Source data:

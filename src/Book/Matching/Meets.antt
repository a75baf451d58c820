-- ===== src/Book/Matching/Meets.antt =====
-- One round of `PriceTimePriority::Match` on a well-formed book: what it leaves.
use hermes_orderbook.Prelude.{
  ℕ, ◌≡◌, refl, sym, subst, ◌∙◌, List, ◌∷◌, ◌++◌, some, if◌then◌else◌, arith, inl, inr, Bool-cases,
  ◌>>=◌, sub64,
}
use hermes_orderbook.Core.Types.{opposite}
use hermes_orderbook.Core.Order.{Order, is_filled}
use hermes_orderbook.Book.Levels.{Level, find_order, set_order, erase_order}
use hermes_orderbook.Book.State.{Book, levels}
use hermes_orderbook.Book.Operations.{internal_cancel_order}
use hermes_orderbook.Book.Operations.Cancel.{Cancels, cancels}
use hermes_orderbook.Book.Matching.{trade_with}
use hermes_orderbook.Book.Matching.Round.{
  less, fill-eq, levels-record_trade, index-record_trade, record_trade-log, dealt, filled_book,
  logged, record_fill-front,
}
use hermes_orderbook.Book.View.{orders_of, orders_on, SideIsValid, AllAt, IsValidBelow}
use hermes_orderbook.Book.View.Index.Erase.{Erases-IsValid}
use hermes_orderbook.Book.View.Index.Rewrite.{Rewrites, Rewrites-IsValid}
use hermes_orderbook.Book.View.Sides.{
  levels-with_self, levels-with_other, index-with, with_levels-SameRest, SameRest-SameLog, SameLog,
}

find_order-head : (o : Order) (os : List Order) → find_order o.order_id (o ∷ os) ≡ some o
unfolding find_order
find_order-head o os = ground arith

set_order-head : (o o' : Order) (os : List Order) → set_order o.order_id o' (o ∷ os) ≡ o' ∷ os
unfolding set_order
set_order-head o o' os = ground arith

erase_order-head : (o : Order) (os : List Order) → erase_order o.order_id (o ∷ os) ≡ os
unfolding erase_order
erase_order-head o os = ground arith

-- The book and the taker after a round with `top`, behind which `rest` waits.
pub record Met (n : ℕ) (order top : Order) (rest : List Order) (b : Book) : Type 0 where
  pub after : Book
  pub valid : IsValidBelow n after
  pub run : trade_with order top b ≡ some (less (dealt order top) order, after)
  pub near : levels (opposite top.side) after ≡ levels (opposite top.side) b
  pub far :
      orders_on top.side after
      ≡ (if is_filled (less (dealt order top) top) then rest else less (dealt order top) top ∷ rest)
  pub counter : after.order_counter ≡ b.order_counter
  pub state : after.market_state ≡ b.market_state
  pub log : SameLog (logged order top b) after

module _ {n : ℕ} {b : Book} (v : IsValidBelow n b) (order top : Order) (os : List Order) (l : Level)
    (ls : List Level) (h : l.orders ≡ top ∷ os) (f : levels top.side b ≡ l ∷ ls) where
  abbrev pub top' : Order
  top' = less (dealt order top) top

  abbrev pub filled : Book
  filled = filled_book order top os l ls b

  front_valid : SideIsValid top.side (l ∷ ls)
  front_valid = subst (SideIsValid top.side) f (v.side_valid top.side)

  pub front_all : AllAt top.side l.price (top ∷ os)
  front_all = subst (AllAt top.side l.price) h front_valid.2

  view : orders_on top.side b ≡ top ∷ (os ++ orders_of ls)
  view = rw (f, h)

  pub filled-far :
      levels top.side filled
      ≡ record l { volume = sub64 l.volume (dealt order top); orders = top' ∷ os } ∷ ls
  filled-far = levels-record_trade top.side _ _ _ _ _ _ _ ∙ levels-with_self top.side _ b

  filled-Rewrites : Rewrites top.side top top' b filled
  filled-Rewrites = record {
    found = rw view (find_order-head top (os ++ orders_of ls));
    same_entry = refl;
    near = levels-record_trade (opposite top.side) _ _ _ _ _ _ _ ∙ levels-with_other top.side _ b;
    far = rw (view, filled-far) (sym (set_order-head top top' (os ++ orders_of ls)));
    far_valid =
        rw filled-far (front_valid.0, refl, (refl, front_all.1, front_all.2), front_valid.3);
    index = (index-record_trade _ _ _ _ _ _ _).0 ∙ index-with top.side _ b;
  }

  filled-log :
      (filled.scratch ≡ (logged order top b).scratch)
      × (filled.trade_counter ≡ (logged order top b).trade_counter)
  filled-log =
      record_trade-log _ _ _ _ _ _ b _ (SameRest-SameLog (with_levels-SameRest top.side _ b))

  filled-IsValid : IsValidBelow n filled
  filled-IsValid = Rewrites-IsValid v filled-Rewrites

  pub trade_with-eq :
      opposite order.side ≡ top.side
      → trade_with order top b ≡ (
          if is_filled top'
          then (internal_cancel_order top.client_id top.order_id filled >>= λ r.
              some (less (dealt order top) order, r.1))
          else some (less (dealt order top) order, filled))
  unfolding trade_with
  trade_with-eq e = rw (
    trade_with,
    fill-eq (dealt order top) order (omega arith),
    fill-eq (dealt order top) top (omega arith),
    e,
    record_fill-front order top os l ls b h front_all.1 f,
  )

  pub met : opposite order.side ≡ top.side → Met n order top (os ++ orders_of ls) b
  met e = elim (Bool-cases (is_filled top')) [
    | inr part ↦ record {
      after = filled;
      valid = filled-IsValid;
      run = trade_with-eq e ∙ rw part;
      near = filled-Rewrites.near;
      far = rw (part, filled-far);
      counter =
          (index-record_trade _ _ _ _ _ _ _).1 ∙ (with_levels-SameRest top.side _ b).order_counter;
      state =
          (index-record_trade _ _ _ _ _ _ _).2 ∙ (with_levels-SameRest top.side _ b).market_state;
      log = record { scratch = filled-log.0; trade_counter = filled-log.1 };
    }
    | inl whole ↦
        let c : Cancels top.side top' top.client_id filled =
          cancels filled-IsValid top.side top' top.client_id
            (rw filled-far (find_order-head top' (os ++ orders_of ls))) in
        record {
          after = c.after;
          valid = Erases-IsValid filled-IsValid c.erases;
          run = trade_with-eq e ∙ rw (whole, c.owned refl);
          near = c.erases.near ∙ filled-Rewrites.near;
          far =
              rw whole (c.erases.far ∙ rw filled-far (erase_order-head top' (os ++ orders_of ls)));
          counter =
              c.rest.order_counter
              ∙ (index-record_trade _ _ _ _ _ _ _).1
              ∙ (with_levels-SameRest top.side _ b).order_counter;
          state =
              c.rest.market_state
              ∙ (index-record_trade _ _ _ _ _ _ _).2
              ∙ (with_levels-SameRest top.side _ b).market_state;
          log = record {
            scratch = c.rest.scratch ∙ filled-log.0;
            trade_counter = c.rest.trade_counter ∙ filled-log.1;
          };
        }
  ]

- **Exercise aim**
From the entries above, write out only the lines starting at the line that holds "set_order-head : (o" and ending at the line that holds "pub run : trade_with", keeping both and matching them exactly.

- **Task solution**
set_order-head : (o o' : Order) (os : List Order) → set_order o.order_id o' (o ∷ os) ≡ o' ∷ os
unfolding set_order
set_order-head o o' os = ground arith

erase_order-head : (o : Order) (os : List Order) → erase_order o.order_id (o ∷ os) ≡ os
unfolding erase_order
erase_order-head o os = ground arith

-- The book and the taker after a round with `top`, behind which `rest` waits.
pub record Met (n : ℕ) (order top : Order) (rest : List Order) (b : Book) : Type 0 where
  pub after : Book
  pub valid : IsValidBelow n after
  pub run : trade_with order top b ≡ some (less (dealt order top) order, after)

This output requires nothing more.